The Arizona Diamondbacks have had a busy offseason thus far to say the least. While some of their trades and signings have certainly taken center stage, it's one of their more understated moves that could prove quite valuable.

The D-backs signed veteran infield-outfielder Eric Hinske to a one-year, $1.35 million contract this winter to serve as the team's primary left-handed pinch-hitter off the bench.

Hinske will enter his 12th major league season in 2013 and played the last three years with the Atlanta Braves, where he thrived in a similar role.

The 35-year-old, who resides in North Scottsdale, has fully embraced his role a pinch-hitter and is excited to provide some pop in the late innings for the D-backs.

"It's a mentality you need to have as far as relishing that [pinch-hitting] role," Hinske told Arizona Sports 620's The Hot Stove Show on Monday. "You have to want to be good at it, you have to want to do it and you're not going to get the job done all the time. If you hit .250 as a pinch hitter, you are one of the best in the game."

Hinske has a career .218 average as a pinch-hitter with eight home runs and 36 RBIs. He hit .197 with two home runs and 13 RBI in 132 at-bats with the Braves in 2012.

The veteran credits his former managers for getting him regular at-bats throughout the season, which he feels helped him have more success coming off the bench.

"You're definitely going to be a little more fresh if your manager understands the importance of giving his bench guys a start here and there," Hinske said. "It keeps his starters fresh on the field. I think myself and Eric Chavez will do a good job of just going in there whenever they ask us too and playing whenever our name's in that lineup card."

In Atlanta, he was lauded for the leadership he provided in the clubhouse and was often praised for being a great teammate who took young players under his wing. Now in Arizona, Hinske has expressed a desire to work closely with the D-backs' young hitters.

"[Goldschmidt]'s definitely got a bright future, a young stud for sure and I'll do all that I can to help him," Hinske stated. "That's what I feel like I am good at now. I just want to help the young guys come along and keep playing this game as long as they'll let me."

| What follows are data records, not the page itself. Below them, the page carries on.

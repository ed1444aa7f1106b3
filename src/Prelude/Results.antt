-- ===== src/Prelude/Results.antt =====
-- Rust's `Result<A, E>`, with `?` as the bind of a `do` block.
use mathlib.Core.Path.{◌≡◌, refl}

pub data Result {ℓ κ} (A : Type ℓ) (E : Type κ) : Type (ℓ ⊔ κ) where
  ok : A → Result A E
  err : E → Result A E

infixl 5 ◌>>=◌
abbrev pub ◌>>=◌ {ℓ κ ι} :
    {A : Type ℓ} {B : Type κ} {E : Type ι} → Result A E → (A → Result B E) → Result B E
ok a >>= f = f a
err e >>= f = err e

-- If a call and what follows it succeed, then the call did.
pub succeeds_first {ℓ κ ι} :
    {A : Type ℓ} {B : Type κ} {E : Type ι} {next : A → Result B E} {out : B} (call : Result A E)
    → call >>= next ≡ ok out
    → (value : A) × (call ≡ ok value) × (next value ≡ ok out)
succeeds_first (err e) given = cc
succeeds_first (ok value) given = (value, refl, given)

pub ok-injective {ℓ κ} :
    {A : Type ℓ} {E : Type κ} {a b : A} → ◌≡◌ {A = Result A E} (ok a) (ok b) → a ≡ b
ok-injective h = cc
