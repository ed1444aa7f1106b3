-- ===== src/Prelude/Classes.antt =====
-- Equality of keys as an interface, with its instances at numbers and texts.
use Prim.Native.Nat.{ℕ}
use Prim.Native.String.{String}
use mathlib.Core.Path.{◌≡◌, refl}
use mathlib.Core.Logic.{◌↔◌}
use mathlib.Core.Bool.{Bool, true, ◌&&◌}
use native.Mathlib.Omega.{arith}
use text.Mathlib.Text.{◌==◌ as str_eq}
use text.Mathlib.TextEquality.{eq_iff}
use kaleidoscope.Prelude.Tests.{nat_beq, nat_beq_iff}

-- What a `HashMap` asks of its keys.
pub record Key {ℓ} (K : Type ℓ) : Type ℓ where
  pub same : K → K → Bool
  pub same_iff : (k k' : K) → (same k k' ≡ true) ↔ (k ≡ k')

instance abbrev pub string_key : Key String
string_key = record { same = str_eq; same_iff = eq_iff }

instance abbrev pub nat_key : Key ℕ
nat_key = record { same = nat_beq; same_iff = nat_beq_iff }

infix 50 ◌==◌
abbrev pub ◌==◌ {ℓ} : {K : Type ℓ} ⦃key : Key K⦄ → K → K → Bool
◌==◌ ⦃key⦄ k k' = key.same k k'

module _ {ℓ} {A : Type ℓ} ⦃e : Key A⦄ where
  pub ==-refl : (a : A) → (a == a) ≡ true
  ==-refl a = (e.same_iff a a).1 refl

abbrev pub same_pair : (String × String) → (String × String) → Bool
same_pair a b = str_eq a.0 b.0 && str_eq a.1 b.1

pub same_pair-equal : (a b : String × String) → (same_pair a b ≡ true) ↔ (a ≡ b)
same_pair-equal a b = (
  (λ h. ground (arith, eq_iff a.0 b.0, eq_iff a.1 b.1)),
  (λ h. ground (arith, eq_iff a.0 b.0, eq_iff a.1 b.1)),
)

-- A pair as a key.
instance abbrev pub pair_key : Key (String × String)
pair_key = record { same = same_pair; same_iff = same_pair-equal }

Despite enjoying his role mentoring young players, the veteran said he too was still very much the student while with the Braves. Hinske said he learned a tremendous amount about hitting under the watchful eye of former teammate Chipper Jones during his final major league seasons.

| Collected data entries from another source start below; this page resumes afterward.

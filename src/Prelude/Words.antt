-- ===== src/Prelude/Words.antt =====
-- Rust's `u64` and `usize` (64 bits), in the wrapping arithmetic of a release build.
use Prim.Native.Nat.{ℕ, ◌+◌, ◌-◌, ◌%◌}
use mathlib.Core.Path.{◌≡◌}
use native.Mathlib.Omega.{arith}

abbrev pub u64_mod : ℕ
u64_mod = 18446744073709551616

abbrev pub u64_add : ℕ → ℕ → ℕ
u64_add a b = (a + b) % u64_mod

abbrev pub u64_sub : ℕ → ℕ → ℕ
u64_sub a b = (a + u64_mod - b) % u64_mod

-- A counter that is kept modulo the word follows the number that it counts.
pub u64_add-mod : (n k : ℕ) → u64_add (n % u64_mod) k ≡ (n + k) % u64_mod
u64_add-mod n k = omega arith

pub u64_sub-mod : (n : ℕ) → u64_sub ((n + 1) % u64_mod) 1 ≡ n % u64_mod
u64_sub-mod n = omega arith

"He's probably if not the best, one of the best third basemen to ever play the game and definitely a first ballot Hall of Famer," Hinske said. "It was awesome picking his brain. He taught me a lot about hitting and what he does with his approach at the plate."

Hinske has certainly obtained a wealth of knowledge at the plate over his seasoned career that will undoubtedly help shape the young D-backs' hitters of the future.